Sankar quickly pointed out that they are “providing an alternate way to scale.” He believes that “Nvidia is going to be at the heart of this ecosystem for quite some time.” So, they are not expecting to replace Nvidia, but augment existing solutions. “We can add a tier of high capacity memory” that customers can “leverage to scale very large language models.”

ACF First Silicon

The first generation of the advanced compute fabric switch (ACF-S), illustrated in the following figure, is being fabricated at TSMC on its 5 nm FinFET process that was developed, in part, for high-performance computing applications like this.

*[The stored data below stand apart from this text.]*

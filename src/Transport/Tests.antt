-- ===== src/Transport/Tests.antt =====
-- Runs in a toy world, whose state is the number of requests so far: the first is answered 401 and
-- the credentials are then refreshed.
use snow_cli.Base.{
  strip_prefix, split_once, All, length, Option, ℕ, codes, Text, List, [], if◌then◌else◌, ◌==◌, ◌≤◌,
  ◌+◌, refl, ◌++◌, ◌∷◌, false, true, ok, none, ◌≡◌,
}
use snow_cli.Transport.{
  refreshed, answered, sent, observe_session, observe_session_response_headers, finish, renew,
  settle, send, attempts, is_success, request_with_headers, authorize_instance_request, Response,
  Event, SessionState, World, Client, request_inner, Draft, Headers,
}
use snow_cli.Transport.Drafts.{drafts}
use snow_cli.Transport.Requests.{
  IsSafeDraft, IsRequest, IsRawRead, request_inner-Run, request_inner-IsSafe,
  request_with_headers-IsRawRead,
}
use snow_cli.Origin.Tests.{toy}
use snow_cli.Policy.Surface.{reader}
use snow_cli.Json.{Value}
use snow_cli.Policy.{ensure_request_allowed}
use snow_cli.Origin.{
  same_origin, is_safe_authenticated_url, checked_url, candidate_url, resolve_authenticated_url,
}

abbrev answer : ℕ → Response
answer n = record { status = if n == 0 then 401 else 200; response_headers = []; content = none }

abbrev token : List (Text × Text)
token = (codes "Authorization", codes "Bearer a") ∷ []

abbrev toy_world : World ℕ Text Draft
toy_world = record {
  authenticate = λ n. (ok token, n);
  refresh = λ n. (ok true, n);
  observe_response_headers = λ headers n. (ok tt, n);
  has_native_session = λ n. false;
  build = λ draft. ok draft;
  execute = λ draft n. (ok (answer n), n + 1);
  now = λ n. 0;
}

abbrev no_json : Text → Option (Value ℕ)
no_json text = none

abbrev no_date : Text → Option ℕ
no_date text = none

abbrev no_session : SessionState
no_session = record {
  jsessionid = none;
  form_cookie_header = none;
  native_form_bootstrapped = false;
  form_session = none;
}

abbrev fresh : Client ℕ
fresh = record {
  base_url = codes "https://a.test";
  policy = reader;
  session = no_session;
  world = 0;
  events = [];
}

abbrev made : Draft
made = record {
  method = codes "GET";
  url = codes "https://a.test/api/now";
  headers =
      (codes "Accept", codes "application/json")
      ∷ (codes "Content-Type", codes "application/json")
      ∷ (codes "Authorization", codes "Bearer a")
      ∷ [];
  params = [];
  body = none;
}

retried :
    (request_inner toy_world toy no_json no_date
      (codes "GET")
      (codes "/api/now")
      none
      []
      []
      fresh).1.events
    ≡ sent made ∷ answered 401 ∷ refreshed true ∷ sent made ∷ answered 200 ∷ []
unfolding request_inner snow_cli.Transport.◌>>=◌ authorize_instance_request ensure_request_allowed
    resolve_authenticated_url candidate_url checked_url is_safe_authenticated_url same_origin
    split_once strip_prefix attempts send settle renew finish observe_session_response_headers
    observe_session
retried = refl

request_inner-Run_example :
    IsRequest toy_world toy no_json no_date (codes "GET") (codes "/api/now") none [] [] fresh (
      request_inner toy_world toy no_json no_date (codes "GET") (codes "/api/now") none [] [] fresh)
request_inner-Run_example =
    request_inner-Run toy_world toy no_json no_date (codes "GET") (codes "/api/now") none [] []
      fresh

request_inner-IsSafe_example :
    let out =
      request_inner toy_world toy no_json no_date
        (codes "GET")
        (codes "/api/now")
        none
        []
        []
        fresh in
    (events : List Event) × (out.1.events ≡ fresh.events ++ events)
    × (length (drafts events) ≤ 2)
    × All
        (IsSafeDraft toy_world toy no_json no_date (codes "GET") (codes "/api/now") none [] fresh)
        (drafts events)
    × ((response : Response) → out.0 ≡ ok response → is_success response.status ≡ true)
request_inner-IsSafe_example =
    request_inner-IsSafe toy_world toy no_json no_date (codes "GET") (codes "/api/now") none [] []
      fresh

request_with_headers-IsRawRead_example :
    IsRawRead toy_world toy no_json no_date (codes "GET") token fresh (
      request_with_headers toy_world toy no_json no_date
        (codes "GET")
        (codes "/api/now")
        none
        []
        token
        fresh)
request_with_headers-IsRawRead_example =
    request_with_headers-IsRawRead toy_world toy no_json no_date (codes "GET") (codes "/api/now")
      none [] token fresh refl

Enfabrica first-generation multi-Tpbs server fabric silicon IC architecture

Enfabrica first-generation multi-Tbps server fabric silicon IC architecture. Image used courtesy of Enfabrica

The ACF-S is designed to deliver multi-Terabit switching and bridging between heterogeneous compute and memory resources in a single silicon die, without changing the physical interfaces, protocols or software layers above device drivers. Sankar explained that the switching chip "sandwich" layers "high-performance Ethernet switching pipelines, a large shared buffer, what we call a terabit NIC copy engine, and high-performance PCIe Gen5 and CXL 2.0+ switching."

"These accelerated computing fabric products are designed to create elastic pools of resources that can be networked and provisioned on demand, to create much more flexible instances. And that is a huge factor in being able to scale to meet the demands of next-gen workloads and to do it in a way that's sustainable in terms of the total cost of ownership."

Supercomputer Performance With Cloud Economics

If your goal is to disrupt a $20 billion industry, you had better come armed with some major improvements. In our discussion, Sankar highlighted a number of the benefits they foresee with the advanced computing fabric:

Scale AI clusters by 10X from hundreds of nodes to thousands of nodes
2X improvement in I/O bandwidth per $
Relieve GPU, DRAM, and SSD stranding to improve utilization
Up to 75% lower node-to-node latency
Up to 50% reduction in AI cluster total cost of ownership
Reduce the power consumption of GPU racks and clusters by at least 10%

If they are successful, Sankar believes that Enfabrica can help “bridge the world between high-performance supercomputing and cloud-scale distributing” with AI as the central workload driving these requirements. “People want cloud economics, but they want supercomputer performance.”

Enfabrica is planning to have product-specific announcements later this year. In the meantime, if you are at MemCon today, you can check out the Enfabrica presentation on Breaking Data Movement Chokepoints in Distributed Computing by Shrijeet Mukherjee, co-founder and Chief Development Officer, at 4:25 PM.